The end of 2023 saw the end of the twenty-year tenure of the theater critic at the Washington Post, Peter Marks, and possibly the end of any full-time theater critic there, one of the few such positions remaining in the country. “As I say goodbye to my post at The Post,” he wrote on his last day, “I feel like a character in an existential play by Tom Stoppard: relinquishing an endangered job in a struggling business that covers a gasping industry….the theater needs more analysis, more debate, more audacious opining, not less. As part of that invigoration, it needs a healthy coterie of passionate skeptics, ironists, scholars and true believers to write about it. Also known as critics.”
There’s frankly not much encouragement for any of us who continue as critics to keep doing what we’re doing. Three years ago, I quoted a Broadway producer saying: “I expect the next generation of content creators to not care so much about critics.” But Pauline Kael famously said “In the arts, the critic is the only independent source of information. The rest is advertising.” Will that Broadway producer and future “content creators” really be satisfied when the only source is advertising?
Will we get some answers to these questions as 2024 comes into focus? We’ll see.
The theatre I experienced as an actor and audience member (resident repertory companies) is ?????? Is it just me or is the current trend toward more commercial less intellectually challenging productions? Am I a snob? I am an old fart who enjoyed and acted from 50’s through early 80’s.
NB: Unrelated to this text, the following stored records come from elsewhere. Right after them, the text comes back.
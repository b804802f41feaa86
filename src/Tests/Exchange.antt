-- ===== src/Tests/Exchange.antt =====
-- A run of the token exchange.
use cimd_proxy.Prelude.{String, ◌<>◌, ◌≡◌, refl, true, false, none, some, [], ◌∷◌}
use cimd_proxy.Prelude.Dict.{Dict}
use cimd_proxy.Json.{Json, str, int, bool, arr, strings, object}
use cimd_proxy.Prelude.Int.{pos}
use cimd_proxy.Pat.Create.{CreateRequest, parse_create}
use cimd_proxy.Pat.Create.Accepted.{IsAllowed, parse_create-IsAllowed}
use cimd_proxy.Errors.{ok}
use cimd_proxy.Effects.{World, run, sent, answered}
use cimd_proxy.Config.{ProxyConfig, PatConfig, ResourceEntry}
use cimd_proxy.Token.{TokenParams, token_exchange}
use cimd_proxy.Pat.Record.{PatRecord, Statement, Answer, find_by_hash, rows, row_count}
use cimd_proxy.Pat.Format.{generate_from, is_well_formed}
use cimd_proxy.Pat.Exchange.{access_token_type, exchange, relayed}
use cimd_proxy.Pat.Format.WellFormed.{generate_from-is_well_formed}
use cimd_proxy.Pat.Exchange.Sent.{Grants, exchange-sent}
use cimd_proxy.Pat.Exchange.Payload.{IsAnswer, exchange-IsRelayed}
use cimd_proxy.Tests.Setup.{platform, config, entry}

abbrev pub token : String
token = "kmb_pat_00000000000000000000000000000000000000000004FrgRx"

abbrev pub pat : PatConfig
pat = record {
  database_url = "";
  database_schema = "pat";
  realm_issuer = "https://id.example/realms/r/";
  idp_alias = "proxy";
  admin_client_id = "admin";
  admin_client_secret = "a";
  scopes = "mcp" ∷ [];
  signer = record {
    issuer = "https://proxy.example";
    keys =
        record {
          kid = "k1";
          private_key = record { modulus = 0; public_exponent = 0; private_exponent = 0 };
        }
        ∷ [];
    active_kid = "k1";
  };
}

abbrev pub open_config : ProxyConfig
open_config = record config {
  resources = record entry { pat_client_id = "pat"; pat_client_secret = "p" } ∷ [];
}

abbrev row : PatRecord
row = record {
  id = 7;
  tenant = "acme";
  realm_issuer = "https://id.example/realms/r/";
  owner_sub = "owner";
  name = "ci";
  resources = "https://mcp.example" ∷ [];
  scopes = "mcp" ∷ [];
  created_at = 0;
  expires_at = 10000000;
  last_used_at = none;
  revoked_at = none;
}

abbrev table : Statement → Answer
table (find_by_hash h) = rows (row ∷ [])
table _ = row_count 1

abbrev issued : Dict Json
issued = ("access_token", str "at") ∷ ("refresh_token", str "rt") ∷ []

abbrev world : World
world = record {
  now = 3;
  noise = 0;
  names = λ _. none;
  upstream = λ _. answered (record {
    status_code = 200;
    cache_control = none;
    chunks = [];
    json = some (object issued);
  });
  table = table;
}

abbrev pub params : TokenParams
params = record {
  grant_type = some token_exchange;
  code = none;
  code_verifier = none;
  redirect_uri = none;
  client_id = none;
  refresh_token = none;
  scope = none;
  subject_token = some token;
  subject_token_type = some access_token_type;
  requested_token_type = none;
  resource = none;
}

generated : generate_from 0 ≡ ok token
unfolding generate_from
generated = refl

well_formed : is_well_formed token ≡ ok true
unfolding is_well_formed
well_formed = refl

mistyped : is_well_formed (token <> "x") ≡ ok false
unfolding is_well_formed
mistyped = refl

exchanged :
    run world (exchange platform open_config pat params)
    ≡ ok (("access_token", str "at") ∷ ("issued_token_type", str access_token_type) ∷ [])
unfolding exchange cimd_proxy.Pat.Exchange.check_params is_well_formed
    cimd_proxy.Pat.Exchange.check_row cimd_proxy.Pat.Exchange.resolve_resource
    cimd_proxy.Config.resource_by_url cimd_proxy.Config.normalise_requested_url
    cimd_proxy.Url.urlsplit cimd_proxy.Config.entry_with_url cimd_proxy.Assertion.sign
    cimd_proxy.Pat.Exchange.jwt_bearer_grant cimd_proxy.Pat.Exchange.grant
    cimd_proxy.Pat.Exchange.json_of relayed
exchanged = refl

exchange-sent_example :
    Grants platform open_config pat world params
      (sent world (exchange platform open_config pat params))
exchange-sent_example = exchange-sent platform open_config pat world params

exchange-IsRelayed_example :
    IsAnswer platform open_config pat world params
      (("access_token", str "at") ∷ ("issued_token_type", str access_token_type) ∷ [])
exchange-IsRelayed_example =
    exchange-IsRelayed platform open_config pat world params
      (("access_token", str "at") ∷ ("issued_token_type", str access_token_type) ∷ []) exchanged

generate_from-is_well_formed_example :
    (t : String) × (generate_from 12345 ≡ ok t) × (is_well_formed t ≡ ok true)
generate_from-is_well_formed_example = generate_from-is_well_formed 12345

abbrev pub create_body : Json
create_body = object (
    ("name", str " ci ")
    ∷ ("resources", arr (strings ("https://mcp.example/" ∷ "https://mcp.example" ∷ [])))
    ∷ ("scopes", arr (strings ("mcp" ∷ [])))
    ∷ ("expires_in_days", int (pos 400))
    ∷ ("allow_long_lifetime", bool true)
    ∷ [])

abbrev pub request : CreateRequest
request = record {
  name = "ci";
  resources = "https://mcp.example" ∷ "https://mcp.example" ∷ [];
  scopes = "mcp" ∷ [];
  lifetime_days = 400;
  allow_long_lifetime = true;
  organization = none;
  all_permitted_scopes = false;
}

parse_create-run : parse_create open_config pat create_body ≡ ok request
unfolding parse_create cimd_proxy.Prelude.strip cimd_proxy.Config.resource_by_url
    cimd_proxy.Config.normalise_requested_url cimd_proxy.Url.urlsplit
    cimd_proxy.Config.entry_with_url cimd_proxy.Url.without_path
parse_create-run = refl

parse_create-IsAllowed_example : IsAllowed open_config pat request
parse_create-IsAllowed_example =
    parse_create-IsAllowed open_config pat create_body request parse_create-run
Theater is withering, sold out to an aging, declining population of subscribers, donors, and white haired ticket buyers who, judging by what is being produced, want to be pleased, not provoked in exchange for their high priced privileges. Theater is succumbing to people who want to sit passively and be entertained, not challenged. Artistic content is too often not determined by artistic merit.
The young people of this country are being disregarded. High school and college students are being eliminated from the vibrant, evocative theater experience because they can’t afford theaters Off and Off-Off Broadway or regional theaters. Yet, theater must still confront our divisive and controversial way of life, especially on college campuses, but performances that address the very difficult times we live in are being challenged, protested and cancelled. The 1st Amendment is purposely being weakened by destroying the artistry of theater incrementally so different points of view can’t be discussed or even considered.